In light of this determination, the defendant's remaining contentions regarding the Supreme Court's handling of the jury notes have been rendered academic.
Accordingly, the judgment must be reversed and a new trial ordered.
Since a new trial is required, we note that the Supreme Court improvidently exercised its discretion in admitting into evidence exhibit 20, which depicted two identical photographs of the victim's head after he died, as defense counsel had offered to stipulate that the victim was the person upon whom the autopsy was later performed (see People v. Stevens, 76 N.Y.2d 833, 836, 560 N.Y.S.2d 119, 559 N.E.2d 1278).
DECISION & ORDER ON MOTION
Motion by the appellant to strike stated portions of the respondent's brief on an appeal from a judgment of the Supreme Court, Queens County, rendered May 11, 2010, on the ground that it refers to material dehors the record. By decision and order on motion of this Court dated August 30, 2012, the motion was held in abeyance and referred to the panel of Justices hearing the appeal for determination upon the argument or submission thereof.

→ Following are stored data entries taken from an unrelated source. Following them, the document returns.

-- ===== src/Storage/LocalFile/Locking/Parts.antt =====
-- The two parts of each operation of src/storage/local_file.rs: up to what it reads of the vault file,
-- and what it does with that. The lock is held from the one to the other.
use tari_vault.Base.{
  ◌≡◌, refl, ok, err, panic, Result, Exec, continue, ◌>>=◌, ◌>>◌, ap, Option, none, some, ◌∙◌,
  fun_ext,
}
use Prim.Native.String.{String}
use tari_vault.Storage.Faults.{outcome, later}
use tari_vault.Error.{StorageError}
use tari_vault.Domain.Record.{StoredRecord}
use tari_vault.Storage.BTreeMap.{BTreeMap}
use tari_vault.Storage.Backend.Ask.{
  Ask, inserts, fetches, deletes, sweeps, Got, inserted, fetched, removed, swept_away, asks,
  LockedParts,
}
use tari_vault.Storage.LocalFile.{
  Disk, Host, read_state, local_file, insert, fetch, delete, delete_expired, spawn_blocking,
  syscall, lock_file, caught, joined, answer,
}
use tari_vault.Storage.LocalFile.Locking.{
  Job, whole, insert_job, fetch_job, delete_job, delete_expired_job, delete_rest,
  delete_expired_rest,
}

-- A closure of which the one step is `m` and the next `f` leaves of `f` what the task answers.
after_spawn :
    {A B : Type 0} (o : Option String) (m : Exec Disk StorageError B)
    (f : B → Exec Disk StorageError A) (s : Disk)
    → continue (answer o) (λ x. caught (m >>= f)) s ≡ (
      joined (continue (continue (answer o) (λ x. m) s).0 f (continue (answer o) (λ x. m) s).1).0,
      (continue (continue (answer o) (λ x. m) s).0 f (continue (answer o) (λ x. m) s).1).1,
    )
unfolding answer caught joined
after_spawn none m f s = refl
after_spawn (some e) m f s = refl

same_steps :
    {A B C : Type 0} (r : Result StorageError C) (m : Exec Disk StorageError B)
    (f : B → Exec Disk StorageError A) (s : Disk)
    → continue r (λ x. m >>= f) s ≡ continue (continue r (λ x. m) s).0 f (continue r (λ x. m) s).1
same_steps (ok c) m f s = refl
same_steps (err e) m f s = refl
same_steps panic m f s = refl

module _ (host : Host) where
  -- Whether the closure runs and the lock file opens comes out when the lock is taken.
  pub load : Exec Disk StorageError (BTreeMap StoredRecord)
  unfolding syscall lock_file
  load = do syscall; lock_file; read_state host

  abbrev pub rest :
      {A : Type 0}
      → Job A
      → Result StorageError (BTreeMap StoredRecord)
      → Disk
      → Result StorageError A × Disk
  unfolding joined
  rest j l d = (joined (continue l j.finish d).0, (continue l j.finish d).1)

  rest-load :
      {A : Type 0} (f : BTreeMap StoredRecord → Exec Disk StorageError A) (d : Disk)
      → let j : Job A = record { load = read_state host; finish = f } in
        spawn_blocking (lock_file >> whole j) d ≡ rest j (load d).0 (load d).1
  unfolding spawn_blocking syscall load
  rest-load f d =
      ap
        (λ m.
          continue (answer (outcome d.faults)) (λ x. caught m)
            (record d { faults = later d.faults }))
        (fun_ext λ s. same_steps (lock_file s).0 (read_state host) f (lock_file s).1)
      ∙ after_spawn (outcome d.faults) (lock_file >> read_state host) f _

  abbrev pub finish : Ask → Result StorageError (BTreeMap StoredRecord) → Disk → Got × Disk
  finish (inserts id r) l d =
      (inserted (rest (insert_job host id r) l d).0, (rest (insert_job host id r) l d).1)
  finish (fetches id) l d =
      (fetched (rest (fetch_job host id) l d).0, (rest (fetch_job host id) l d).1)
  finish (deletes id) l d =
      (removed (rest (delete_job host id) l d).0, (rest (delete_job host id) l d).1)
  finish (sweeps now) l d = (
    swept_away (rest (delete_expired_job host now) l d).0,
    (rest (delete_expired_job host now) l d).1,
  )

  -- Each operation of the store is its two parts, one after the other.
  pub asks-finish :
      (a : Ask) (d : Disk) → asks (local_file host) a d ≡ finish a (load d).0 (load d).1
  unfolding insert fetch delete delete_expired
  asks-finish (inserts id r) d =
      ap (λ o. (inserted o.0, o.1)) (rest-load (insert_job host id r).finish d)
  asks-finish (fetches id) d = ap (λ o. (fetched o.0, o.1)) (rest-load (fetch_job host id).finish d)
  asks-finish (deletes id) d = ap (λ o. (removed o.0, o.1)) (rest-load (delete_rest host id) d)
  asks-finish (sweeps now) d =
      ap (λ o. (swept_away o.0, o.1)) (rest-load (delete_expired_rest host now) d)

  abbrev pub parts : LockedParts (local_file host)
  parts = record {
    Loaded = Result StorageError (BTreeMap StoredRecord);
    load = load;
    finish = finish;
    asks-finish = asks-finish;
  }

Upon the papers filed in support of the motion, the papers filed in opposition thereto, and upon the argument of the appeal, it is
ORDERED that the motion is granted, and those portions of the respondent's brief are deemed stricken and have not been considered in the determination of the appeal (see People v. Powell, 101 A.D.3d 756, 955 N.Y.S.2d 608).